How does Phoenix turn “273 findings” into a plan engineers will ship?

Phoenix collapses duplicates across applications, components, scanners, images, and environments, then outputs remediation units — typically upgrades. A common outcome is “273 findings → 35 upgrades across 7 libraries,” because the work unit becomes “upgrade commons-compress to ≥1.21,” not “close 40 CVEs.”

Why does Phoenix recommend minimum versions instead of “upgrade to latest”?

Latest creates churn and break risk. Phoenix targets the lowest safe version that resolves the largest set of vulnerabilities. That keeps remediation shippable, reduces regression risk, and prevents dependency upgrades from becoming quarter-long rewrites.

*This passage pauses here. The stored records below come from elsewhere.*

-- ===== src/Examples/Clients.antt =====
-- A worker that the master has lost, a client that waits, a resource of the operator, and a list of
-- commands.
use dist_command_exec.Prelude.{
  ℕ, ◌+◌, ◌≡◌, ◌≢◌, ◌⊎◌, ◌↔◌, arith, refl, String, eq_iff, true, false, Bool, none, some, [], ◌∷◌,
  map, ◌==◌, if◌then◌else◌,
}
use dist_command_exec.Prelude.Int.{pos}
use dist_command_exec.Prelude.Map
use dist_command_exec.Master.State.{Master}
use dist_command_exec.Master.Server.{new_server, GetStatusResponse, completed, running}
use dist_command_exec.Worker.Registration.{
  Registration, up, request_lost, Turn, beat, serve, register,
}
use dist_command_exec.Worker.Registration.Known.{IsKnown, beat_lem, serve_unregistered, alone}
use dist_command_exec.Client.{MasterClient, ticked, finished, job_status_of, wait_for_completion}
use dist_command_exec.Client.Waiting.{Stops, seen, wait_for_completion_lem}
use dist_command_exec.Operator.{DistributedJob, Spec, Update, Value, check_job_status}
use dist_command_exec.Operator.Phases.{IsVerdict, check_job_status_lem}
use dist_command_exec.Config.{Text, split_csv, split, trim_space, trim_right, trim_left, is_space}
use dist_command_exec.Examples.{blank, config}

abbrev master : Master
master = new_server (λ _. blank) (config 2) false

-- A worker that is registered where the master does not know it.
abbrev registration : Bool → Registration
registration registered = record {
  worker_id = "w1";
  address = "10.0.0.1:50052";
  master_addr = "master:50051";
  capabilities = "command" ∷ [];
  max_tasks = pos 4;
  labels = Map.empty;
  client = true;
  heartbeat_interval = pos 5000000000;
  registered = registered;
}

abbrev turn : Turn
turn = record { active_tasks = pos 1; link = up; now = 100; dials = true; again = up; later = 101 }

abbrev worker_id : String
worker_id = "w1"

abbrev address : String
address = "10.0.0.1:50052"

named : worker_id ≢ ""
named e = absurd (ground (arith, (eq_iff "w1" "").1 e))

reachable : address ≢ ""
reachable e = absurd (ground (arith, (eq_iff "10.0.0.1:50052" "").1 e))

beat_lem_example :
    (IsKnown (beat (registration true) turn master).1 "w1" 100
      ⊎ IsKnown (beat (registration true) turn master).1 "w1" 101)
    × ((beat (registration true) turn master).0.registered ≡ true)
beat_lem_example = beat_lem (registration true) turn master named reachable refl refl refl refl

lost : request_lost ≢ up
lost e = absurd (ground (arith, e))

serve_unregistered_example :
    ((serve (registration false) true request_lost 5 ((λ m. m, turn) ∷ []) master).0.registered
      ≡ false)
    × ((serve (registration false) true request_lost 5 ((λ m. m, turn) ∷ []) master).1
        ≡ alone ((λ m. m, turn) ∷ []) (register (registration false) true request_lost 5 master).1)
serve_unregistered_example =
    serve_unregistered (registration false) true request_lost 5 ((λ m. m, turn) ∷ []) master refl
      lost

-- A job with the status of a number: 0 is running, everything else completed.
abbrev report : ℕ → GetStatusResponse
report n = record {
  job_id = "job1";
  status = if n == 0 then running else completed;
  output = [];
  error = "";
  exit_code = pos 0;
  worker_id = "w1";
  created_at = 1;
  completed_at = none;
}

abbrev counter : MasterClient ℕ
counter = record {
  submit = λ n req. (n + 1, some "job1");
  get_status = λ n id. some (report n);
  cancel = λ n id. (n, none);
}

wait_for_completion_lem_example :
    (wait_for_completion counter "job1" (map ticked ((λ n. n) ∷ (λ n. n + 1) ∷ [])) 0
      ≡ finished (job_status_of (report 1)))
    ↔ Stops counter "job1"
        (job_status_of (report 1))
        (seen counter "job1" ((λ n. n) ∷ (λ n. n + 1) ∷ []) 0)
wait_for_completion_lem_example =
    wait_for_completion_lem counter "job1" (job_status_of (report 1)) ((λ n. n) ∷ (λ n. n + 1) ∷ [])
      0

abbrev spec : Spec
spec = record {
  command = Value.text "ls";
  args = Value.null;
  parallelism = Value.integer (pos 2);
  timeout = Value.null;
}

abbrev resource : DistributedJob
resource = record {
  name = "demo";
  namespace = "default";
  spec = some spec;
  phase = "Running";
  task_ids = "job1" ∷ [];
  start_time = "now";
}

one_task : resource.task_ids ≢ []
one_task e = absurd (ground (arith, e))

check_job_status_lem_example :
    (w : Update) × (check_job_status counter resource (λ id. 1) ≡ some w)
    × (w.task_ids ≡ some ("job1" ∷ []))
    × IsVerdict 1 1 0 w
check_job_status_lem_example =
    check_job_status_lem counter resource (λ id. 1) one_task (omega arith)

-- " ls,,cat "
abbrev listing : Text
listing = 32 ∷ 108 ∷ 115 ∷ 44 ∷ 44 ∷ 99 ∷ 97 ∷ 116 ∷ 32 ∷ []

listed : split_csv listing ≡ (108 ∷ 115 ∷ []) ∷ (99 ∷ 97 ∷ 116 ∷ []) ∷ []
unfolding split_csv split trim_space trim_right trim_left is_space
listed = refl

How does Phoenix handle cases where a vulnerability appears both in code and the container?

Phoenix links them into one remediation story. Example: bzip2 might be flagged as an OS package (libbz2) in the container and also appear via application dependency chains (or runtime modules like Python bz2). Phoenix correlates both surfaces through code-to-cloud mapping and shows which change removes risk across the system.

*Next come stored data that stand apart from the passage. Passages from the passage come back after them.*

-- ===== src/Examples/Commands.antt =====
-- The command `ls` from a client to a worker.
use dist_command_exec.Prelude.{
  str_eq, eq_iff, ◌&&◌, if◌then◌else◌, ◌≡◌, ◌≢◌, arith, refl, String, false, Option, none, some,
  List, [], ◌∷◌,
}
use dist_command_exec.Prelude.Int.{pos}
use dist_command_exec.Prelude.Map
use dist_command_exec.Types.{Bytes, Duration}
use dist_command_exec.Executor.Command.{
  CommandPayload, CommandExecutor, World, no_error, as_executor,
}
use dist_command_exec.Master.Dispatcher.{ExecuteResponse, request}
use dist_command_exec.Master.Server.{ok, new_server, submit, accept}
use dist_command_exec.Master.Scheduler.{enqueue, new_scheduler}
use dist_command_exec.Client.{run_command_with_timeout, command_payload}
use dist_command_exec.Client.Hosted.{Hosted, hosted}
use dist_command_exec.Client.Journey.{Tells, run_command_lem}
use dist_command_exec.Worker.Runner.{at_capacity}
use dist_command_exec.Worker.Server.{Server, execute}
use dist_command_exec.Examples.{blank, config, node}

abbrev ls : CommandPayload
ls = command_payload "ls" []

-- A codec for this one payload.
abbrev unmarshal : Bytes → Option CommandPayload
unmarshal [] = none
unmarshal (c ∷ rest) = some ls

abbrev marshal_fields :
    String → List String → List (String × String) → String → String → Option Bytes
marshal_fields command [] [] dir stdin =
    if str_eq command "ls" && str_eq dir "" && str_eq stdin "" then some (108 ∷ 115 ∷ []) else none
marshal_fields command args env dir stdin = none

abbrev marshal : CommandPayload → Option Bytes
marshal p = marshal_fields p.command p.args p.env.entries p.working_dir p.stdin

reads_fields :
    (command : String) (args : List String) (env : List (String × String)) (dir stdin : String)
    (b : Bytes)
    → marshal_fields command args env dir stdin ≡ some b
    → unmarshal b
      ≡ some (record {
        command = command;
        args = args;
        env = record { entries = env };
        working_dir = dir;
        stdin = stdin;
      })
unfolding Map.empty
reads_fields command [] [] dir stdin [] h = absurd (ground (arith, h))
reads_fields command [] [] dir stdin (x ∷ b) h =
    ground (arith, h, eq_iff command "ls", eq_iff dir "", eq_iff stdin "")
reads_fields command [] (e ∷ env) dir stdin b h = absurd (ground (arith, h))
reads_fields command (a ∷ args) [] dir stdin b h = absurd (ground (arith, h))
reads_fields command (a ∷ args) (e ∷ env) dir stdin b h = absurd (ground (arith, h))

-- Every process prints "hi" and succeeds.
abbrev world : Duration → World
world d = record {
  environ = [];
  run = λ cmd. record { stdout = 104 ∷ 105 ∷ []; stderr = ""; error = no_error };
  ctx_err = none;
  range_env = λ env. [];
}

abbrev limits : CommandExecutor
limits = record { allowed_commands = "ls" ∷ []; blocked_commands = "rm" ∷ [] }

abbrev server : Server World
server = record {
  id = "w1";
  runner = record { max_tasks = pos 4; active_tasks = pos 0; running = Map.empty; in_flight = 0 };
  executors = Map.put Map.empty "command" (as_executor unmarshal limits);
}

abbrev host : Hosted
host = record {
  master = new_server (λ _. blank) (config 2) false;
  ids = λ n. "job1";
  fresh = 0;
  now = 5;
}

abbrev sent : Hosted × Option String
sent = run_command_with_timeout hosted marshal host "ls" (pos 1000) []

accepted : sent.1 ≡ some "job1"
unfolding run_command_with_timeout Map.empty submit accept enqueue Map.get new_server new_scheduler
accepted = refl

abbrev job : String
job = "job1"

named : job ≢ ""
named e = absurd (ground (arith, (eq_iff "job1" "").1 e))

free : at_capacity server.runner ≡ false
unfolding at_capacity
free = refl

run_command_lem_example :
    (resp : ExecuteResponse) × ((execute server
        (request (sent.0.master.scheduler.heap 0))
        0
        world
        (pos 7)).1
      ≡ ok resp)
    × (resp.task_id ≡ "job1")
    × Tells marshal unmarshal
        (sent.0.master.scheduler.heap 0)
        (node "w1" (pos 4) (pos 0) 1)
        resp
        9
        (record { stdout = 104 ∷ 105 ∷ []; stderr = ""; error = no_error })
run_command_lem_example =
    run_command_lem marshal unmarshal host "ls" "job1" (pos 1000) [] limits server 0 world (pos 7)
      (node "w1" (pos 4) (pos 0) 1) 9
      (λ p b h. reads_fields p.command p.args p.env.entries p.working_dir p.stdin b h) refl accepted
      named (Map.get-put_self Map.empty "command" (as_executor unmarshal limits)) free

How do Phoenix tickets avoid getting ignored in Jira or ServiceNow?

Phoenix tickets are written as engineering actions with proof:

• exact upgrade target (X → Y)
  
• scope (which apps/assets/images)
  
• evidence (reachable in production, lineage to runtime)
  
• expected outcome (findings reduced + risk magnitude drop)
  
  They’re “upgrade commons-compress + rebase base image,” not “fix 273 vulnerabilities.”
  

Can Phoenix push remediation directly into repos?

Yes, where enabled. Phoenix can generate remediation plans and produce PR-ready changes for dependency bumps and code fixes. The goal is to ship the minimum-impact change that clears the most risk, not generate a wall of suggestions.

What about legacy runtimes like Python 2 or old JVM stacks?

Phoenix doesn’t hide legacy— it traces it. If Python 2 calls bz2 and links to a vulnerable libbz2, Phoenix treats it as reachable and pushes the remediation to the correct layer: rebase the image, replace tooling, or isolate the runtime path while upgrades are staged.

How do we measure whether remediation is actually working?

Avoid “vulns closed.” Track outcomes:

• Findings → remedies compression ratio
  
• Risk reduction per remedy
  
• Reachable risk trend in production
  
• Mean time to open vs. mean time to patch (two SLA clocks)
  
  If one upgrade removes hundreds of findings and drops reachable risk, that’s real progress.
  

What’s the fastest way to improve remediation velocity in Phoenix?

Start with the remediation surfaces that scale:

1. remove non-running containers
   
2. rebase base images / golden images (AMI)
   
3. apply minimum-impact library upgrades across systems
   
4. fix repeated code patterns in a small number of files

That sequence yields measurable reduction without burning out engineering teams.